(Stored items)

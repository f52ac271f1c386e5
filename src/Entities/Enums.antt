-- ===== src/Entities/Enums.antt =====
-- The enumerations of src/databases/postgresql/gameplay/enums, with their tests for equality.
use cifarm_server_alternativ.Prelude.{Bool, true, false}

pub data CropCurrentState : Type 0 where
  normal need_water is_weedy is_infested fully_matured : CropCurrentState

pub data AnimalCurrentState : Type 0 where
  normal hungry sick yield : AnimalCurrentState

pub data InventoryType : Type 0 where
  seed tile animal product supply : InventoryType

pub data PlacedItemType : Type 0 where
  tile building animal : PlacedItemType

pub data AnimalType : Type 0 where
  poultry livestock : AnimalType

pub data AppearanceChance : Type 0 where
  common uncommon rare very_rare : AppearanceChance

pub data SpinPrizeType : Type 0 where
  gold seed supply token : SpinPrizeType

abbrev pub crop_state_eq : CropCurrentState → CropCurrentState → Bool
crop_state_eq CropCurrentState.normal CropCurrentState.normal = true
crop_state_eq CropCurrentState.need_water CropCurrentState.need_water = true
crop_state_eq CropCurrentState.is_weedy CropCurrentState.is_weedy = true
crop_state_eq CropCurrentState.is_infested CropCurrentState.is_infested = true
crop_state_eq CropCurrentState.fully_matured CropCurrentState.fully_matured = true
crop_state_eq _ _ = false

abbrev pub animal_state_eq : AnimalCurrentState → AnimalCurrentState → Bool
animal_state_eq AnimalCurrentState.normal AnimalCurrentState.normal = true
animal_state_eq AnimalCurrentState.hungry AnimalCurrentState.hungry = true
animal_state_eq AnimalCurrentState.sick AnimalCurrentState.sick = true
animal_state_eq AnimalCurrentState.yield AnimalCurrentState.yield = true
animal_state_eq _ _ = false

abbrev pub placed_item_type_eq : PlacedItemType → PlacedItemType → Bool
placed_item_type_eq PlacedItemType.tile PlacedItemType.tile = true
placed_item_type_eq PlacedItemType.building PlacedItemType.building = true
placed_item_type_eq PlacedItemType.animal PlacedItemType.animal = true
placed_item_type_eq _ _ = false

abbrev pub inventory_type_eq : InventoryType → InventoryType → Bool
inventory_type_eq InventoryType.seed InventoryType.seed = true
inventory_type_eq InventoryType.tile InventoryType.tile = true
inventory_type_eq InventoryType.animal InventoryType.animal = true
inventory_type_eq InventoryType.product InventoryType.product = true
inventory_type_eq InventoryType.supply InventoryType.supply = true
inventory_type_eq _ _ = false

abbrev pub animal_type_eq : AnimalType → AnimalType → Bool
animal_type_eq AnimalType.poultry AnimalType.poultry = true
animal_type_eq AnimalType.livestock AnimalType.livestock = true
animal_type_eq _ _ = false

abbrev pub appearance_chance_eq : AppearanceChance → AppearanceChance → Bool
appearance_chance_eq AppearanceChance.common AppearanceChance.common = true
appearance_chance_eq AppearanceChance.uncommon AppearanceChance.uncommon = true
appearance_chance_eq AppearanceChance.rare AppearanceChance.rare = true
appearance_chance_eq AppearanceChance.very_rare AppearanceChance.very_rare = true
appearance_chance_eq _ _ = false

• [Your goal]:
Scan the entries above for the word "Entities" and collect each line holding it.

• [Task response]:
filename src/Entities/Enums.antt
-- ===== src/Entities/Enums.antt =====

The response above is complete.